- Task statement
Your task is to print all of the data word for word.

- Information shown
========

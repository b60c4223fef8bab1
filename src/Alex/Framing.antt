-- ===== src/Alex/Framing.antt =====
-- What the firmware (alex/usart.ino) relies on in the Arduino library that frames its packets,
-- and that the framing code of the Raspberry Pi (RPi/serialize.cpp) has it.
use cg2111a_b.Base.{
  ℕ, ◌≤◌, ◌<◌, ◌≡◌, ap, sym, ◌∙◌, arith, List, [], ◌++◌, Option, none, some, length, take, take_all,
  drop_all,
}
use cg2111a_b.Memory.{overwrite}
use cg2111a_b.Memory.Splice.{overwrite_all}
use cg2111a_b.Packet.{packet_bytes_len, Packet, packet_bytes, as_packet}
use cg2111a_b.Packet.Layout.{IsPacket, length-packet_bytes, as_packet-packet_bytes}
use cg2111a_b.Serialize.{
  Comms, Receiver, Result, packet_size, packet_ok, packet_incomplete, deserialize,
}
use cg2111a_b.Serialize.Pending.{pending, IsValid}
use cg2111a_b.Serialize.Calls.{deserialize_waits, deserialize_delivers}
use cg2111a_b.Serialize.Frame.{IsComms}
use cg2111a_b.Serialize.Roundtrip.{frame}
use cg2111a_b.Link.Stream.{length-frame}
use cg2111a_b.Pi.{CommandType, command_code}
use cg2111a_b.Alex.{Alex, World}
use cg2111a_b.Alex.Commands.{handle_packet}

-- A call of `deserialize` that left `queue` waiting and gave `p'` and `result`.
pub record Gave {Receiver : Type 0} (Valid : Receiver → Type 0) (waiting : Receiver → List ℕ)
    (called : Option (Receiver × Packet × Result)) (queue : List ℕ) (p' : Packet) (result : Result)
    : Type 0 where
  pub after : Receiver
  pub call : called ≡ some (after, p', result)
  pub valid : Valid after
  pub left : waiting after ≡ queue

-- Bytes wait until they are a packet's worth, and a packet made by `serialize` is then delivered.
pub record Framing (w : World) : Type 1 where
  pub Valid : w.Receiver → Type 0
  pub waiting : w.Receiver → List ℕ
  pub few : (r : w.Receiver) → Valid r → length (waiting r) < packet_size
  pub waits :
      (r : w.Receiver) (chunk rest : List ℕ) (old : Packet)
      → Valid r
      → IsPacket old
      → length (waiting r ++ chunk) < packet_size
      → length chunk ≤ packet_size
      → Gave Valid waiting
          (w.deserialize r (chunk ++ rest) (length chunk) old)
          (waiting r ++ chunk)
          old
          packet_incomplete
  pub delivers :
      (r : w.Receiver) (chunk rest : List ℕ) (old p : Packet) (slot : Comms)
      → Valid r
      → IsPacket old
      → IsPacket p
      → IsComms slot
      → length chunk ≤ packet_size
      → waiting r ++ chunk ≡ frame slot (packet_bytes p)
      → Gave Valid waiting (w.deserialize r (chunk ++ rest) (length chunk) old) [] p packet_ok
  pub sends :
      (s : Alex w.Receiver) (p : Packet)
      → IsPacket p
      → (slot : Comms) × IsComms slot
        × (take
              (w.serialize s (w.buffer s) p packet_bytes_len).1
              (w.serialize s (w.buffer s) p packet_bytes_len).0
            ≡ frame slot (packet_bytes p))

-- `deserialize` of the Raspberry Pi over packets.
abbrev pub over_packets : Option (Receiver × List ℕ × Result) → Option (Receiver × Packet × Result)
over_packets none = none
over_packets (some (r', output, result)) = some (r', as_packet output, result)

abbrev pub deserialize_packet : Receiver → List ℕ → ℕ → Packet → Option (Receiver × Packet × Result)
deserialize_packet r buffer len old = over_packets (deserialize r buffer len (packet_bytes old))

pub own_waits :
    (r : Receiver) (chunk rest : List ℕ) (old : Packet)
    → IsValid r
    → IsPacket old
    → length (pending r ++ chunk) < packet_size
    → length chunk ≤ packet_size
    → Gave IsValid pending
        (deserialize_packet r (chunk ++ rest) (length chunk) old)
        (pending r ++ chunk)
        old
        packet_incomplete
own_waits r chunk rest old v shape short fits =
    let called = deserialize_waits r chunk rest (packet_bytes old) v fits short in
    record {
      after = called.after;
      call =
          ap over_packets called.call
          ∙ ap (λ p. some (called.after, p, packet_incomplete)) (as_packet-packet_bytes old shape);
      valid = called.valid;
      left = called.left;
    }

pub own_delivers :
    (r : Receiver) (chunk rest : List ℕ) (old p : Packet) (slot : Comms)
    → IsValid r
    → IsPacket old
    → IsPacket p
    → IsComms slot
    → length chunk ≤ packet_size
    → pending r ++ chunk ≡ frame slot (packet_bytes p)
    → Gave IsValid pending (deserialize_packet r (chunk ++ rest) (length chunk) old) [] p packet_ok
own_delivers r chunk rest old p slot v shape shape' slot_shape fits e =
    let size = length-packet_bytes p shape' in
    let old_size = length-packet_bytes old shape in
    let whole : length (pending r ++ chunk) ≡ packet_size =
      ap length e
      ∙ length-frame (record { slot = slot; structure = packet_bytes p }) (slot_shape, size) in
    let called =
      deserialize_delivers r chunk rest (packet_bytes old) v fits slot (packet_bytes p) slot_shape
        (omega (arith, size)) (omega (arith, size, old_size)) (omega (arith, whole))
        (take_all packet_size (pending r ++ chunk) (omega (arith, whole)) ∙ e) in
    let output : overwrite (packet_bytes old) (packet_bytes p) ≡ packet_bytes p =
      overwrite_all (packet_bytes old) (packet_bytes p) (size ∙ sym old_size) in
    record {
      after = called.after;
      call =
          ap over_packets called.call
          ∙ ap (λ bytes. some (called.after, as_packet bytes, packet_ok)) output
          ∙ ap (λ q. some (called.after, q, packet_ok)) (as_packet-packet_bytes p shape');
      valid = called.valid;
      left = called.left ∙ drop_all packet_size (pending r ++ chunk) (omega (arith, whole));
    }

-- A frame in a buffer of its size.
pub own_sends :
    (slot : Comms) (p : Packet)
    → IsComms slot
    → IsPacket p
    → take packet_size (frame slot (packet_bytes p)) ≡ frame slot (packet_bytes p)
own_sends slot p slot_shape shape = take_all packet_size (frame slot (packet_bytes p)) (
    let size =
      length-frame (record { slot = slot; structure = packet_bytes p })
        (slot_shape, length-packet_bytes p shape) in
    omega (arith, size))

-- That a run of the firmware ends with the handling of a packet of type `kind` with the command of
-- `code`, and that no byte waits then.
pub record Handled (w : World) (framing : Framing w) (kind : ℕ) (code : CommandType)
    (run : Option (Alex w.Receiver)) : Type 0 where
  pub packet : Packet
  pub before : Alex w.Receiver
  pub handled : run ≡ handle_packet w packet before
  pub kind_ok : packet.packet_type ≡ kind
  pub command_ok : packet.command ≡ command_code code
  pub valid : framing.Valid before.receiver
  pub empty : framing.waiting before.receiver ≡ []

========

- Task result
repository b60c4223fef8bab1
filename src/Alex/Framing.antt
-- ===== src/Alex/Framing.antt =====
-- What the firmware (alex/usart.ino) relies on in the Arduino library that frames its packets,
-- and that the framing code of the Raspberry Pi (RPi/serialize.cpp) has it.
use cg2111a_b.Base.{
  ℕ, ◌≤◌, ◌<◌, ◌≡◌, ap, sym, ◌∙◌, arith, List, [], ◌++◌, Option, none, some, length, take, take_all,
  drop_all,
}
use cg2111a_b.Memory.{overwrite}
use cg2111a_b.Memory.Splice.{overwrite_all}
use cg2111a_b.Packet.{packet_bytes_len, Packet, packet_bytes, as_packet}
use cg2111a_b.Packet.Layout.{IsPacket, length-packet_bytes, as_packet-packet_bytes}
use cg2111a_b.Serialize.{
  Comms, Receiver, Result, packet_size, packet_ok, packet_incomplete, deserialize,
}
use cg2111a_b.Serialize.Pending.{pending, IsValid}
use cg2111a_b.Serialize.Calls.{deserialize_waits, deserialize_delivers}
use cg2111a_b.Serialize.Frame.{IsComms}
use cg2111a_b.Serialize.Roundtrip.{frame}
use cg2111a_b.Link.Stream.{length-frame}
use cg2111a_b.Pi.{CommandType, command_code}
use cg2111a_b.Alex.{Alex, World}
use cg2111a_b.Alex.Commands.{handle_packet}

-- A call of `deserialize` that left `queue` waiting and gave `p'` and `result`.
pub record Gave {Receiver : Type 0} (Valid : Receiver → Type 0) (waiting : Receiver → List ℕ)
    (called : Option (Receiver × Packet × Result)) (queue : List ℕ) (p' : Packet) (result : Result)
    : Type 0 where
  pub after : Receiver
  pub call : called ≡ some (after, p', result)
  pub valid : Valid after
  pub left : waiting after ≡ queue

-- Bytes wait until they are a packet's worth, and a packet made by `serialize` is then delivered.
pub record Framing (w : World) : Type 1 where
  pub Valid : w.Receiver → Type 0
  pub waiting : w.Receiver → List ℕ
  pub few : (r : w.Receiver) → Valid r → length (waiting r) < packet_size
  pub waits :
      (r : w.Receiver) (chunk rest : List ℕ) (old : Packet)
      → Valid r
      → IsPacket old
      → length (waiting r ++ chunk) < packet_size
      → length chunk ≤ packet_size
      → Gave Valid waiting
          (w.deserialize r (chunk ++ rest) (length chunk) old)
          (waiting r ++ chunk)
          old
          packet_incomplete
  pub delivers :
      (r : w.Receiver) (chunk rest : List ℕ) (old p : Packet) (slot : Comms)
      → Valid r
      → IsPacket old
      → IsPacket p
      → IsComms slot
      → length chunk ≤ packet_size
      → waiting r ++ chunk ≡ frame slot (packet_bytes p)
      → Gave Valid waiting (w.deserialize r (chunk ++ rest) (length chunk) old) [] p packet_ok
  pub sends :
      (s : Alex w.Receiver) (p : Packet)
      → IsPacket p
      → (slot : Comms) × IsComms slot
        × (take
              (w.serialize s (w.buffer s) p packet_bytes_len).1
              (w.serialize s (w.buffer s) p packet_bytes_len).0
            ≡ frame slot (packet_bytes p))

-- `deserialize` of the Raspberry Pi over packets.
abbrev pub over_packets : Option (Receiver × List ℕ × Result) → Option (Receiver × Packet × Result)
over_packets none = none
over_packets (some (r', output, result)) = some (r', as_packet output, result)

abbrev pub deserialize_packet : Receiver → List ℕ → ℕ → Packet → Option (Receiver × Packet × Result)
deserialize_packet r buffer len old = over_packets (deserialize r buffer len (packet_bytes old))

pub own_waits :
    (r : Receiver) (chunk rest : List ℕ) (old : Packet)
    → IsValid r
    → IsPacket old
    → length (pending r ++ chunk) < packet_size
    → length chunk ≤ packet_size
    → Gave IsValid pending
        (deserialize_packet r (chunk ++ rest) (length chunk) old)
        (pending r ++ chunk)
        old
        packet_incomplete
own_waits r chunk rest old v shape short fits =
    let called = deserialize_waits r chunk rest (packet_bytes old) v fits short in
    record {
      after = called.after;
      call =
          ap over_packets called.call
          ∙ ap (λ p. some (called.after, p, packet_incomplete)) (as_packet-packet_bytes old shape);
      valid = called.valid;
      left = called.left;
    }

pub own_delivers :
    (r : Receiver) (chunk rest : List ℕ) (old p : Packet) (slot : Comms)
    → IsValid r
    → IsPacket old
    → IsPacket p
    → IsComms slot
    → length chunk ≤ packet_size
    → pending r ++ chunk ≡ frame slot (packet_bytes p)
    → Gave IsValid pending (deserialize_packet r (chunk ++ rest) (length chunk) old) [] p packet_ok
own_delivers r chunk rest old p slot v shape shape' slot_shape fits e =
    let size = length-packet_bytes p shape' in
    let old_size = length-packet_bytes old shape in
    let whole : length (pending r ++ chunk) ≡ packet_size =
      ap length e
      ∙ length-frame (record { slot = slot; structure = packet_bytes p }) (slot_shape, size) in
    let called =
      deserialize_delivers r chunk rest (packet_bytes old) v fits slot (packet_bytes p) slot_shape
        (omega (arith, size)) (omega (arith, size, old_size)) (omega (arith, whole))
        (take_all packet_size (pending r ++ chunk) (omega (arith, whole)) ∙ e) in
    let output : overwrite (packet_bytes old) (packet_bytes p) ≡ packet_bytes p =
      overwrite_all (packet_bytes old) (packet_bytes p) (size ∙ sym old_size) in
    record {
      after = called.after;
      call =
          ap over_packets called.call
          ∙ ap (λ bytes. some (called.after, as_packet bytes, packet_ok)) output
          ∙ ap (λ q. some (called.after, q, packet_ok)) (as_packet-packet_bytes p shape');
      valid = called.valid;
      left = called.left ∙ drop_all packet_size (pending r ++ chunk) (omega (arith, whole));
    }

-- A frame in a buffer of its size.
pub own_sends :
    (slot : Comms) (p : Packet)
    → IsComms slot
    → IsPacket p
    → take packet_size (frame slot (packet_bytes p)) ≡ frame slot (packet_bytes p)
own_sends slot p slot_shape shape = take_all packet_size (frame slot (packet_bytes p)) (
    let size =
      length-frame (record { slot = slot; structure = packet_bytes p })
        (slot_shape, length-packet_bytes p shape) in
    omega (arith, size))

-- That a run of the firmware ends with the handling of a packet of type `kind` with the command of
-- `code`, and that no byte waits then.
pub record Handled (w : World) (framing : Framing w) (kind : ℕ) (code : CommandType)
    (run : Option (Alex w.Receiver)) : Type 0 where
  pub packet : Packet
  pub before : Alex w.Receiver
  pub handled : run ≡ handle_packet w packet before
  pub kind_ok : packet.packet_type ≡ kind
  pub command_ok : packet.command ≡ command_code code
  pub valid : framing.Valid before.receiver
  pub empty : framing.waiting before.receiver ≡ []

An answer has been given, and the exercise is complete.